WHAT IS BEING ASKED:
Write only the number of lines in the entries below that contain the string "elim".

INFORMATION SHOWN:

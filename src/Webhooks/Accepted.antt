-- ===== src/Webhooks/Accepted.antt =====
-- Which clusters cassandracluster_webhook.go accepts, described without its lists of errors.
use mr_cassop.Prelude.{
  ℕ, String, Bool, true, false, not, ◌&&◌, ◌||◌, Option, none, some, List, [], ◌∷◌, ◌++◌, all, ◌≡◌,
  refl, ◌==◌, ◌∙◌, string_eq, option_eq, leb, eqb, arith, Outcome, ok, err, panic, is_empty,
}
use mathlib.Core.List.{Memᴰ}
use mathlib.Core.Path.{ap, ap₂}
use mr_cassop.Cluster.{Dc, ManagedRegion, SystemKeyspaceDc}
use mr_cassop.Webhooks.{
  CassandraSpec, Spec, Problem, Parsers, problem, differ, is_set, and_also, storage_class_problems,
  validate_immutable_fields, seeds_problems, rf_problems, get_system_keyspace_dc_by_name,
  seeds_part, rf_part, tls_problems, general_validation, validate_ingress, regions_problems,
  validate_network_policies, cassandra_part, reaper_part, interval_problems,
  validate_cluster_create_update, old_cassandra,
}

-- The object is admitted: no error and no crash.
abbrev pub accepts : Outcome (List Problem) → Bool
accepts (ok ps) = is_empty ps
accepts (err e) = false
accepts panic = false

is_empty-append : (xs ys : List Problem) → is_empty (xs ++ ys) ≡ (is_empty xs && is_empty ys)
is_empty-append [] ys = refl
is_empty-append (x ∷ xs) ys = refl

accepts-and_also :
    (a b : Outcome (List Problem)) → accepts (and_also a b) ≡ (accepts a && accepts b)
accepts-and_also (ok ps) (ok qs) = is_empty-append ps qs
accepts-and_also (ok []) (err e) = refl
accepts-and_also (ok (x ∷ ps)) (err e) = refl
accepts-and_also (ok []) panic = refl
accepts-and_also (ok (x ∷ ps)) panic = refl
accepts-and_also (err e) b = refl
accepts-and_also panic b = refl

unfoldable pub immutable_kept : CassandraSpec → CassandraSpec → Bool
immutable_kept new old =
    not (differ old.persistence new.persistence)
    && (not new.persistence || old.storage_class == new.storage_class)

storage_class_problems_lem :
    (old new : Option String) → accepts (storage_class_problems old new) ≡ (old == new)
unfolding storage_class_problems
storage_class_problems_lem none none = ground arith
storage_class_problems_lem none (some n) = ground arith
storage_class_problems_lem (some o) none = ground arith
storage_class_problems_lem (some o) (some n) = ground arith

-- An update is accepted by the check of the immutable fields exactly when persistence stays as it
-- was and, if it is enabled, the storage class stays as it was.
pub validate_immutable_fields-accepts :
    (new old : CassandraSpec)
    → accepts (validate_immutable_fields (some new) (some old)) ≡ immutable_kept new old
unfolding validate_immutable_fields immutable_kept
validate_immutable_fields-accepts new old = ground (
  arith,
  storage_class_problems_lem old.storage_class new.storage_class,
  accepts-and_also
      (ok (problem (differ old.persistence new.persistence) Problem.persistence_changed))
      (storage_class_problems old.storage_class new.storage_class),
)

-- A DC with replicas that are enough for its seeds: one seed on one replica will do.
unfoldable pub seeds_fit : ℕ → Dc → Bool
seeds_fit seeds dc = elim dc.replicas [
  | none ↦ false
  | some n ↦ not (eqb n 0) && (eqb seeds 1 && eqb n 1 || leb seeds n)
]

-- A DC that has a configured replication factor, which is at most its replicas.
unfoldable pub rf_fits : List SystemKeyspaceDc → Dc → Bool
rf_fits system_dcs dc = elim (get_system_keyspace_dc_by_name system_dcs dc.name) [
  | none ↦ false
  | some s ↦ elim dc.replicas [ none ↦ false | some n ↦ leb s.rf n ]
]

seeds_problems-accepts :
    (seeds : ℕ) (dcs : List Dc) → accepts (seeds_problems seeds dcs) ≡ all (seeds_fit seeds) dcs
unfolding seeds_problems seeds_fit
seeds_problems-accepts seeds [] = refl
seeds_problems-accepts seeds (dc ∷ dcs) = ground (arith, seeds_problems-accepts seeds dcs)

rf_problems-accepts :
    (system_dcs : List SystemKeyspaceDc) (dcs : List Dc)
    → accepts (rf_problems system_dcs dcs) ≡ all (rf_fits system_dcs) dcs
unfolding rf_problems rf_fits
rf_problems-accepts system_dcs [] = refl
rf_problems-accepts system_dcs (dc ∷ dcs) = ground (arith, rf_problems-accepts system_dcs dcs)

abbrev pub seeds_accepted : Option CassandraSpec → Option (List Dc) → Bool
seeds_accepted (some cass) (some dcs) = eqb cass.num_seeds 0 || all (seeds_fit cass.num_seeds) dcs
seeds_accepted (some cass) none = true
seeds_accepted none dcs = true

abbrev pub rf_accepted : Option (List SystemKeyspaceDc) → Option (List Dc) → Bool
rf_accepted (some system_dcs) (some dcs) = all (rf_fits system_dcs) dcs
rf_accepted (some system_dcs) none = true
rf_accepted none dcs = true

seeds_part-accepts :
    (cass : Option CassandraSpec) (dcs : Option (List Dc))
    → accepts (seeds_part cass dcs) ≡ seeds_accepted cass dcs
seeds_part-accepts none dcs = refl
seeds_part-accepts (some cass) none = refl
seeds_part-accepts (some cass) (some dcs) =
    ground (arith, seeds_problems-accepts cass.num_seeds dcs)

rf_part-accepts :
    (system_dcs : Option (List SystemKeyspaceDc)) (dcs : Option (List Dc))
    → accepts (rf_part system_dcs dcs) ≡ rf_accepted system_dcs dcs
rf_part-accepts none dcs = refl
rf_part-accepts (some system_dcs) none = refl
rf_part-accepts (some system_dcs) (some dcs) = rf_problems-accepts system_dcs dcs

-- The general validation accepts a cluster exactly when: every DC has replicas that are enough for
-- the seeds, if seeds are asked for; every DC has a configured replication factor of at most its
-- replicas, if such factors are configured at all; and neither the server nor the client encryption
-- names both a CA and a node secret. In every other case there is an error or a crash.
pub general_validation-accepts :
    (s : Spec)
    → accepts (general_validation s) ≡ (
        seeds_accepted s.cassandra s.dcs
        && (rf_accepted s.system_dcs s.dcs
            && (not (is_set s.server_node_tls && is_set s.server_ca_tls)
                && not (is_set s.client_ca_tls && is_set s.client_node_tls))))
unfolding general_validation
general_validation-accepts s =
    ground (arith, seeds_part-accepts s.cassandra s.dcs, rf_part-accepts s.system_dcs s.dcs)

abbrev is_err : Outcome (List Problem) → Bool
is_err (ok ps) = false
is_err (err e) = true
is_err panic = false

seeds_problems-is_err : (seeds : ℕ) (dcs : List Dc) → is_err (seeds_problems seeds dcs) ≡ false
unfolding seeds_problems
seeds_problems-is_err seeds [] = refl
seeds_problems-is_err seeds (dc ∷ dcs) = ground (arith, seeds_problems-is_err seeds dcs)

seeds_part-is_err :
    (cass : Option CassandraSpec) (dcs : Option (List Dc)) → is_err (seeds_part cass dcs) ≡ false
seeds_part-is_err none dcs = refl
seeds_part-is_err (some cass) none = refl
seeds_part-is_err (some cass) (some dcs) = ground (arith, seeds_problems-is_err cass.num_seeds dcs)

and_also-panic :
    (a b c : Outcome (List Problem))
    → is_err a ≡ false
    → b ≡ panic
    → and_also a (and_also b c) ≡ panic
and_also-panic (ok ps) b c h e = cc
and_also-panic (err x) b c h e = cc
and_also-panic panic b c h e = refl

rf_problems-panics :
    {dc : Dc} {dcs : List Dc} (system_dcs : List SystemKeyspaceDc)
    → Memᴰ dc dcs
    → get_system_keyspace_dc_by_name system_dcs dc.name ≡ none
    → rf_problems system_dcs dcs ≡ panic
unfolding rf_problems
rf_problems-panics {dcs = []} system_dcs m h = elim m [ ]
rf_problems-panics {dc} {dcs = q ∷ dcs} system_dcs (Memᴰ.head e) h =
    ground (arith, ap (λ x. get_system_keyspace_dc_by_name system_dcs x.name) e)
rf_problems-panics {dc} {dcs = q ∷ dcs} system_dcs (Memᴰ.tail m) h =
    ground (arith, rf_problems-panics system_dcs m h)

-- A cluster of whose DCs any one is left out by the configured replication factors crashes the
-- validation, wherever that DC stands and whatever else the spec holds.
pub general_validation-panics :
    {dc : Dc} {dcs : List Dc} (s : Spec) (system_dcs : List SystemKeyspaceDc)
    → s.system_dcs ≡ some system_dcs
    → s.dcs ≡ some dcs
    → Memᴰ dc dcs
    → get_system_keyspace_dc_by_name system_dcs dc.name ≡ none
    → general_validation s ≡ panic
unfolding general_validation
general_validation-panics s system_dcs e f m h =
    and_also-panic _ (rf_part s.system_dcs s.dcs) (ok (tls_problems s))
      (seeds_part-is_err s.cassandra s.dcs) (ap₂ rf_part e f ∙ rf_problems-panics system_dcs m h)

abbrev pub region_accepted : String → ManagedRegion → Bool
region_accepted domain m = not (m.domain == domain && m.namespace == "")

abbrev pub managed_accepted : String → Option (List ManagedRegion) → Bool
managed_accepted domain none = true
managed_accepted domain (some ms) = is_set domain && all (region_accepted domain) ms

regions_problems-accepts :
    (domain : String) (ms : List ManagedRegion)
    → is_empty (regions_problems domain ms) ≡ all (region_accepted domain) ms
unfolding regions_problems
regions_problems-accepts domain [] = refl
regions_problems-accepts domain (m ∷ ms) = ground (arith, regions_problems-accepts domain ms)

-- The ingress is accepted exactly when: a domain comes with a TLS secret and with host ports, and
-- managed regions come with a domain and with a namespace for each region of that same domain.
pub validate_ingress-accepts :
    (s : Spec)
    → is_empty (validate_ingress s) ≡ (
        (not (is_set s.ingress_domain) || is_set s.ingress_secret && s.host_port)
        && managed_accepted s.ingress_domain s.managed)
unfolding validate_ingress
validate_ingress-accepts s = managed_case s.managed refl
  where
    managed_case :
        (ms : Option (List ManagedRegion))
        → s.managed ≡ ms
        → is_empty (validate_ingress s) ≡ (
            (not (is_set s.ingress_domain) || is_set s.ingress_secret && s.host_port)
            && managed_accepted s.ingress_domain s.managed)
    managed_case none e = ground arith
    managed_case (some ms) e = ground (arith, regions_problems-accepts s.ingress_domain ms)

abbrev last_checks : Parsers → Spec → List Problem
last_checks p s =
    interval_problems p s.prober_scrape_interval
    ++ (validate_ingress s ++ validate_network_policies s)

abbrev more_checks : Parsers → Spec → List Problem
more_checks p s = reaper_part p s.reaper ++ last_checks p s

abbrev checks : Parsers → Spec → List Problem
checks p s = cassandra_part p s.cassandra ++ more_checks p s

-- A cluster is admitted exactly when each of the checks finds nothing: the errors of one never hide
-- those of another.
pub validate_cluster_create_update-accepts :
    (p : Parsers) (s : Spec) (old : Option Spec)
    → accepts (validate_cluster_create_update p s old) ≡ (
        accepts (validate_immutable_fields s.cassandra (old_cassandra old))
        && (accepts (general_validation s)
            && (is_empty (cassandra_part p s.cassandra)
                && (is_empty (reaper_part p s.reaper)
                    && (is_empty (interval_problems p s.prober_scrape_interval)
                        && (is_empty (validate_ingress s)
                            && is_empty (validate_network_policies s)))))))
unfolding validate_cluster_create_update
validate_cluster_create_update-accepts p s old = ground (
  arith,
  accepts-and_also (validate_immutable_fields s.cassandra (old_cassandra old))
      (and_also (general_validation s) (ok (checks p s))),
  accepts-and_also (general_validation s) (ok (checks p s)),
  is_empty-append (cassandra_part p s.cassandra) (more_checks p s),
  is_empty-append (reaper_part p s.reaper) (last_checks p s),
  is_empty-append (interval_problems p s.prober_scrape_interval)
      (validate_ingress s ++ validate_network_policies s),
  is_empty-append (validate_ingress s) (validate_network_policies s),
)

ANSWER SPACE:
4